Amped
- First edition
- Author: Daniel H. Wilson
- Cover artist: Will Staehle
- Language: English
- Genre: Science fiction
- Publisher: Doubleday
- Publication date: June 5, 2012
- Publication place: United States
- Media type: Print (Hardcover)
- Pages: 274
- ISBN: 978-0-385-53515-1
- LC Class: PS3623.I57796 A83 2012

= Amped (novel) =

2012 novel by Daniel H. Wilson

Amped is a science fiction novel by American author Daniel H. Wilson published in June 2012.

==Synopsis==
In a near-future where the Neural-Autofocus and other neural implants made formerly mentally challenged individuals into equals or superiors to those with normal brain functionality, Owen is a high school teacher whose surgeon father helped develop the implants to control his epilepsy. When the United States Supreme Court rules that implanted individuals are no longer a protected class, Owen's life is changed forever, as he discovers that his implant has a very dangerous secret.

==Reviews==

Kirkus Reviews stated this about the novel, "Wilson delivers a thoughtful, well-written novel, which, like his previous novel Robopocalypse (2011), deals with the often tense interplay between machines and humans. Unfortunately, while he nails the machine part, the human part falls a little short. The characters lack depth, and a crucial romantic relationship feels forced and unearned.
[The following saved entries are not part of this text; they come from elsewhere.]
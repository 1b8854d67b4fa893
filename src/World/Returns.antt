-- ===== src/World/Returns.antt =====
-- When a chain of calls returns: each of its parts does.
use dn42_autopeer.Base.{◌≡◌, ◌↔◌, refl, arith, Option, none, some}
use dn42_autopeer.Error.{PeerError}
use dn42_autopeer.Result.{Result, ok, err}
use dn42_autopeer.World.Types.{World, Failure}
use dn42_autopeer.World.Action.{Action, advance, call, lift, settle, continue, ◌>>=◌}

module _ {B : Type 0} (b : B) where
  settle-returns :
      (f : Option Failure) (wrap : Failure → PeerError) (k : Unit → Action B) (w : World)
      → ((continue (settle f (λ v. v) wrap w).0 k (settle f (λ v. v) wrap w).1).0 ≡ ok b)
        ↔ ((f ≡ none) × ((k tt w).0 ≡ ok b))
  unfolding settle continue
  settle-returns none wrap k w = (λ h. (refl, h), λ h. h.1)
  settle-returns (some f) wrap k w = (λ h. ground (arith, h), λ h. ground (arith, h.0))

  -- A call with no effect, and then the rest.
  pub call-returns :
      (wrap : Failure → PeerError) (k : Unit → Action B) (w : World)
      → (((call (λ a v. v) wrap >>= k) w).0 ≡ ok b)
        ↔ (((w.answers 0).fault ≡ none) × ((k tt (advance w)).0 ≡ ok b))
  unfolding call ◌>>=◌
  call-returns wrap k w = settle-returns (w.answers 0).fault wrap k (advance w)

  -- A value that may be an error, and then the rest.
  pub lift-returns :
      {A : Type 0} (r : Result A) (k : A → Action B) (w : World)
      → (((lift r >>= k) w).0 ≡ ok b) ↔ ((a : A) × (r ≡ ok a) × ((k a w).0 ≡ ok b))
  unfolding lift ◌>>=◌ continue
  lift-returns (ok a) k w = (λ h. (a, refl, h), λ (c, e, h). ground (arith, e, h))
  lift-returns (err x) k w = (λ h. ground (arith, h), λ (c, e, h). ground (arith, e))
The plot is thin, too, hewing too closely to archetype. Wilson, whose prose is always a step above the norm, is at his strongest creating amp-augmented action sequences and in conjuring situations which explore the boundaries between humankind and its technological creations."

It also calls the overall novel "Provocative, with strong action sequences, but weak in character development and plotting."

The Boise Weekly states, "On the whole...Amped is a compelling and brisk read with a lot more to offer than the average thriller."